Print every line of the listing below, starting with the line that holds "abbrev second : Job" and going on through the line that holds "claim_twice [] unlocked", both included, and print nothing else.
---+---
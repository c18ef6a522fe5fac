-- ===== src/Examples/Queue.antt =====
-- The job queue on a small table (crates/activable-scheduler).
use activable_cloud.Prelude.{
  ℕ, ◌+◌, ◌*◌, ◌≤◌, ◌<◌, ◌≡◌, ◌≢◌, ◌↔◌, ◌⊎◌, refl, inl, inr, Bool, true, false, ◌&&◌, [], ◌∷◌, none,
  some, arith, Text, codes, any, keep, Any, All, length,
}
use activable_cloud.Prelude.Integers.{pos, int_ltb}
use activable_cloud.Prelude.Errors.{ok, err}
use activable_cloud.Json.{null}
use activable_cloud.Scheduler.Model.{Uuid, DateTime, Job, not_found, database, pending, failed}
use activable_cloud.Scheduler.Store.{
  Table, new_job, update, has_id, has_running_id, claimable, before, claim_row, max_backoff, take,
  fits_int4, out_of_range, overflows, enqueue, claim, fail, find_stale_running,
}
use activable_cloud.Scheduler.Tables.{AllApart, Row}
use activable_cloud.Scheduler.Rows.{attempts_bounded, times_agree}
use activable_cloud.Scheduler.Claim.{claim_first, claim_twice}
use activable_cloud.Scheduler.Invariant.{
  IsValid, enqueues, claims, Reachable, empty, step, Reachable-IsValid,
}
use activable_cloud.Scheduler.Failure.{fail_running, fail_not_found_iff}
use activable_cloud.Scheduler.Reaper.{tick}
use activable_cloud.Scheduler.Reaper.Alone.{alone, InRange, tick-alone}
use activable_cloud.Scheduler.Worker.{JobHandler, panicked, work}
use activable_cloud.Scheduler.Worker.Recorded.{Records, work-Records}
use activable_cloud.Scheduler.Backoff.{
  backoff_base, exponential_backoff_seconds, exponential_backoff_seconds_bounds,
}

abbrev ingest : Text
ingest = codes "account_ingest"

-- Two waiting jobs, the second one more urgent.
abbrev first : Job
first = new_job 1 10 ingest null (some (codes "a")) (pos 5) (pos 3)

abbrev second : Job
second = new_job 2 20 ingest null (some (codes "b")) (pos 1) (pos 3)

abbrev waiting : Table
waiting = first ∷ second ∷ []

abbrev started : Job
started = claim_row (codes "w") 30 second

abbrev busy : Table
busy = first ∷ started ∷ []

abbrev both : Table
both = claim_row (codes "v") 40 first ∷ started ∷ []

abbrev unlocked : Uuid → Bool
unlocked id = false

waiting_apart : AllApart waiting
waiting_apart = ((record { ids = refl; keys = refl }, tt), (tt, tt))

busy_apart : AllApart busy
busy_apart = ((record { ids = refl; keys = refl }, tt), (tt, tt))

first_claim : claim [] unlocked (ingest ∷ []) (codes "w") 30 waiting ≡ (busy, ok (some started))
unfolding claim take fits_int4
first_claim = refl

second_claim :
    claim [] unlocked (ingest ∷ []) (codes "v") 40 busy
    ≡ (both, ok (some (claim_row (codes "v") 40 first)))
unfolding claim take fits_int4
second_claim = refl

claim_twice_example : started.id ≢ (claim_row (codes "v") 40 first).id
claim_twice_example =
    claim_twice [] unlocked unlocked (ingest ∷ []) (ingest ∷ []) (codes "w") (codes "v") 30 40
      waiting busy both started (claim_row (codes "v") 40 first) waiting_apart first_claim
      second_claim

claim_first_example :
    (j : Job) × Row j waiting
    × (claimable unlocked (ingest ∷ []) 30 j ≡ true)
    × All (λ k. before k j ≡ false) (keep (claimable unlocked (ingest ∷ []) 30) waiting)
    × (started ≡ claim_row (codes "w") 30 j)
    × (busy ≡ update (has_id j.id) (claim_row (codes "w") 30) waiting)
claim_first_example =
    claim_first [] unlocked (ingest ∷ []) (codes "w") 30 waiting busy started waiting_apart
      first_claim

busy-IsValid : IsValid busy
unfolding attempts_bounded times_agree
busy-IsValid = record {
  apart = busy_apart;
  rows = (record { bounded = refl; agree = refl }, (record { bounded = refl; agree = refl }, tt));
}

reached :
    Reachable
      (claim [] unlocked
        (ingest ∷ [])
        (codes "w")
        30
        (enqueue [] 1 10 ingest null none (pos 0) (pos 3) []).0).0
reached =
    step (step empty (enqueues [] 1 10 ingest null none (pos 0) (pos 3)))
      (claims [] unlocked (ingest ∷ []) (codes "w") 30)

reachable_example :
    IsValid
      (claim [] unlocked
        (ingest ∷ [])
        (codes "w")
        30
        (enqueue [] 1 10 ingest null none (pos 0) (pos 3) []).0).0
reachable_example = Reachable-IsValid _ reached

-- A first attempt is in range, and the attempt 1024 is not.
in_range : out_of_range 2000000 0 1 ≡ false
unfolding out_of_range
in_range = refl

beyond_range : out_of_range 2000000 0 1024 ≡ true
unfolding out_of_range
beyond_range = refl

-- After 1023 attempts a base of one second is in range, and one of two seconds is not.
last_in_range : (out_of_range 1000000 0 1023 ≡ false) × (out_of_range 2000000 0 1023 ≡ true)
unfolding out_of_range
last_in_range = (refl, refl)

fail_running_example :
    (((true && int_ltb (pos started.attempts) started.max_attempts) ≡ true)
      × (out_of_range 2000000 0 started.attempts ≡ true)
      × (fail [] 2000000 0 2 (codes "timeout") true 50 busy ≡ (busy, err (database []))))
    ⊎ ((k : Job) × ((fail [] 2000000 0 2 (codes "timeout") true 50 busy).1 ≡ ok k)
        × (k.attempts ≡ started.attempts)
        × (k.last_error ≡ some (codes "timeout"))
        × (((k.status ≡ pending)
              × (true ≡ true)
              × (int_ltb (pos started.attempts) started.max_attempts ≡ true)
              × (out_of_range 2000000 0 started.attempts ≡ false)
              × (at : DateTime) × (k.next_attempt_at ≡ some at)
              × (50 ≤ at)
              × (at ≤ 50 + max_backoff))
            ⊎ ((k.status ≡ failed)
                × ((true && int_ltb (pos started.attempts) started.max_attempts) ≡ false)
                × (k.finished_at ≡ some 50))))
fail_running_example =
    fail_running [] 2000000 0 (codes "timeout") true 50 busy started busy_apart (inr (inl refl))
      refl

fail_not_found_example :
    (fail [] 2000000 0 1 (codes "timeout") true 50 busy ≡ (busy, err (not_found 1)))
    ↔ (any (has_running_id 1) busy ≡ false)
fail_not_found_example = fail_not_found_iff [] 2000000 0 1 (codes "timeout") true 50 busy

abbrev clock : Uuid → DateTime
clock id = 500

abbrev draw : Uuid → ℕ
draw id = 7

InRange-busy : InRange 2000000 draw busy
unfolding out_of_range
InRange-busy = (refl, (refl, tt))

tick-alone_example :
    ((tick [] alone clock 2000000 draw (ingest ∷ []) 60 500 busy).1
      ≡ length (find_stale_running (ingest ∷ []) 60 500 busy))
    × All
        (λ id.
          any (has_running_id id) (tick [] alone clock 2000000 draw (ingest ∷ []) 60 500 busy).0
          ≡ false)
        (find_stale_running (ingest ∷ []) 60 500 busy)
tick-alone_example =
    tick-alone [] clock 2000000 draw (ingest ∷ []) 60 500 busy busy_apart InRange-busy

stale_run : find_stale_running (ingest ∷ []) 60 500 busy ≡ 2 ∷ []
unfolding find_stale_running
stale_run = refl

-- A handler that panics.
abbrev panics : JobHandler
panics = record { job_type = ingest; handle = λ payload. panicked; max_attempts = pos 3 }

abbrev quiet : Table → Table
quiet jobs = jobs

started-InRange : overflows 2000000 0 true started ≡ false
unfolding out_of_range
started-InRange = refl

work-Records_example :
    (h : JobHandler) × Any (λ g. g ≡ h) (panics ∷ [])
    × (h.job_type ≡ ingest)
    × Records 600
        (h.handle null)
        started
        busy
        (work [] 2000000 0 600 (panics ∷ []) quiet [] unlocked (codes "w") 30 waiting)
work-Records_example =
    work-Records [] 2000000 0 600 (panics ∷ []) quiet [] unlocked (codes "w") 30 waiting busy
      started started waiting_apart first_claim busy_apart (inr (inl refl)) refl refl
      started-InRange

small_jitter : 5 < backoff_base 3 600
unfolding backoff_base
small_jitter = omega arith

backoff_example :
    (backoff_base 3 600 + 5 < 2147483648)
    × (backoff_base 3 600 ≤ exponential_backoff_seconds 5 3 600)
    × (exponential_backoff_seconds 5 3 600 < 2 * backoff_base 3 600)
    × (exponential_backoff_seconds 5 3 600 ≤ 600)
backoff_example = exponential_backoff_seconds_bounds 5 3 600 small_jitter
---+---
Expected answer:
abbrev second : Job
second = new_job 2 20 ingest null (some (codes "b")) (pos 1) (pos 3)

abbrev waiting : Table
waiting = first ∷ second ∷ []

abbrev started : Job
started = claim_row (codes "w") 30 second

abbrev busy : Table
busy = first ∷ started ∷ []

abbrev both : Table
both = claim_row (codes "v") 40 first ∷ started ∷ []

abbrev unlocked : Uuid → Bool
unlocked id = false

waiting_apart : AllApart waiting
waiting_apart = ((record { ids = refl; keys = refl }, tt), (tt, tt))

busy_apart : AllApart busy
busy_apart = ((record { ids = refl; keys = refl }, tt), (tt, tt))

first_claim : claim [] unlocked (ingest ∷ []) (codes "w") 30 waiting ≡ (busy, ok (some started))
unfolding claim take fits_int4
first_claim = refl

second_claim :
    claim [] unlocked (ingest ∷ []) (codes "v") 40 busy
    ≡ (both, ok (some (claim_row (codes "v") 40 first)))
unfolding claim take fits_int4
second_claim = refl

claim_twice_example : started.id ≢ (claim_row (codes "v") 40 first).id
claim_twice_example =
    claim_twice [] unlocked unlocked (ingest ∷ []) (ingest ∷ []) (codes "w") (codes "v") 30 40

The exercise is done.